■ Material for this task ■
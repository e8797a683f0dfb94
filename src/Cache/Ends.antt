-- ===== src/Cache/Ends.antt =====
-- How `invalidate_pattern` of services/cache.py ends, and what it leaves.
use quant_api_gateway.Prelude.{
  ℕ, zero, suc, ◌+◌, ◌<◌, String, ◌≡◌, refl, ◌≢◌, inl, inr, false, Option, none, some, List, arith,
  ◌==◌, if◌then◌else◌, Bool-cases, Option-cases, length, ok, err,
}
use quant_api_gateway.Cache.{Redis}
use quant_api_gateway.Cache.Pattern.{
  Pass, next, after_scan, delete_page, scan_loop, invalidate_pattern, scan_failed,
}
use quant_api_gateway.Cache.Laws.{IsLawful, Spares, Cleared, scan_loop-Spares, scan_loop-Cleared}

-- An iteration of SCAN comes back to cursor 0: a rank of the cursors falls with every page.
pub record ScanEnds (R : Redis) : Type 0 where
  pub rank : ℕ → ℕ
  pub falls :
      (c : ℕ) (p : String) (s : R.State) (c' : ℕ) (ks : List String)
      → (R.scan c p s).0 ≡ some (c', ks)
      → c' ≢ 0
      → rank c' < rank c

module _ (R : Redis) (pattern : String) where
  -- The loop ends, by its test or by an exception that names the pattern.
  abbrev pub Ends : Pass R pattern → Type 0
  Ends none = ⊥
  Ends (some (ok _, t)) = Unit
  Ends (some (err e, t)) = e ≡ scan_failed R pattern

  next-Ends :
      (x : Option (Unit {0}) × R.State) (c d : ℕ) (again : R.State → Pass R pattern)
      → (c ≢ 0 → Ends (again x.1))
      → Ends (next R pattern x c d again)
  next-Ends (none, t) c d again h = refl
  next-Ends (some _, t) c d again h = elim (Bool-cases (c == 0)) [
    | inl e ↦ rw (e, Ends) tt
    | inr e ↦ rw (e, Ends) (h (ground arith))
  ]

  module _ (ends : ScanEnds R) where
    scan_loop-Ends :
        (fuel c d : ℕ) (s : R.State) → ends.rank c < fuel → Ends (scan_loop R pattern fuel c d s)
    unfolding scan_loop
    scan_loop-Ends zero c d s h = absurd (omega arith)
    scan_loop-Ends (suc fuel) c d s h =
        let t = (R.scan c pattern s).1 in
        elim (Option-cases (R.scan c pattern s).0) [
          | inl e ↦ rw (e, after_scan) refl
          | inr ((c', ks), e) ↦
              rw (e, after_scan)
                (next-Ends (delete_page R pattern ks t) c' (d + length ks) _ (λ on.
                  scan_loop-Ends fuel c' (d + length ks) (delete_page R pattern ks t).1
                    (omega (arith, ends.falls c pattern s c' ks e on))))
        ]

module _ (R : Redis) (law : IsLawful R) (ends : ScanEnds R) (pattern : String) where
  open law use {lookup, matches}

  -- What a finished pass over `s` has done: if it returns, the keys of the pattern are gone and the
  -- others are as they were; if it raises, it raises the `CacheError` of the pattern, and the keys
  -- outside the pattern are as they were.
  abbrev pub Flushes : R.State → Pass R pattern → Type 0
  Flushes s none = ⊥
  Flushes s (some (ok _, t)) =
      (j : String) → lookup t j ≡ (if matches pattern j then none else lookup s j)
  Flushes s (some (err e, t)) =
      (e ≡ scan_failed R pattern)
      × ((j : String) → matches pattern j ≡ false → lookup t j ≡ lookup s j)

  flushes :
      (s : R.State) (r : Pass R pattern)
      → Ends R pattern r
      → Spares R law pattern s r
      → Cleared R law pattern r
      → Flushes s r
  flushes s none e k c = e
  flushes s (some (ok _, t)) e k c =
      λ j. elim (Bool-cases (matches pattern j)) [ inl m ↦ rw m (c j m) | inr m ↦ rw m (k j m) ]
  flushes s (some (err _, t)) e k c = (e, k)

  -- On a lawful Redis `invalidate_pattern` ends within one round more than the rank of cursor 0, and
  -- every key that the pattern matches is gone if it returns; no key that the pattern does not match
  -- is touched, whether it returns or raises its `CacheError`.
  pub invalidate_pattern-Flushes :
      (fuel : ℕ) (s : R.State)
      → ends.rank 0 < fuel
      → Flushes s (invalidate_pattern R pattern fuel s)
  unfolding invalidate_pattern
  invalidate_pattern-Flushes fuel s h =
      flushes s (scan_loop R pattern fuel 0 0 s) (scan_loop-Ends R pattern ends fuel 0 0 s h)
        (scan_loop-Spares R law pattern fuel 0 0 s)
        (scan_loop-Cleared R law pattern fuel 0 0 s (λ j there m. law.pending_start j))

■ Exercise prompt ■
Return the line that contains "-- others are", along with every line after it in the data above, exactly and with nothing else.

■ Exercise result ■
  -- others are as they were; if it raises, it raises the `CacheError` of the pattern, and the keys
  -- outside the pattern are as they were.
  abbrev pub Flushes : R.State → Pass R pattern → Type 0
  Flushes s none = ⊥
  Flushes s (some (ok _, t)) =
      (j : String) → lookup t j ≡ (if matches pattern j then none else lookup s j)
  Flushes s (some (err e, t)) =
      (e ≡ scan_failed R pattern)
      × ((j : String) → matches pattern j ≡ false → lookup t j ≡ lookup s j)

  flushes :
      (s : R.State) (r : Pass R pattern)
      → Ends R pattern r
      → Spares R law pattern s r
      → Cleared R law pattern r
      → Flushes s r
  flushes s none e k c = e
  flushes s (some (ok _, t)) e k c =
      λ j. elim (Bool-cases (matches pattern j)) [ inl m ↦ rw m (c j m) | inr m ↦ rw m (k j m) ]
  flushes s (some (err _, t)) e k c = (e, k)

  -- On a lawful Redis `invalidate_pattern` ends within one round more than the rank of cursor 0, and
  -- every key that the pattern matches is gone if it returns; no key that the pattern does not match
  -- is touched, whether it returns or raises its `CacheError`.
  pub invalidate_pattern-Flushes :
      (fuel : ℕ) (s : R.State)
      → ends.rank 0 < fuel
      → Flushes s (invalidate_pattern R pattern fuel s)
  unfolding invalidate_pattern
  invalidate_pattern-Flushes fuel s h =
      flushes s (scan_loop R pattern fuel 0 0 s) (scan_loop-Ends R pattern ends fuel 0 0 s h)
        (scan_loop-Spares R law pattern fuel 0 0 s)
        (scan_loop-Cleared R law pattern fuel 0 0 s (λ j there m. law.pending_start j))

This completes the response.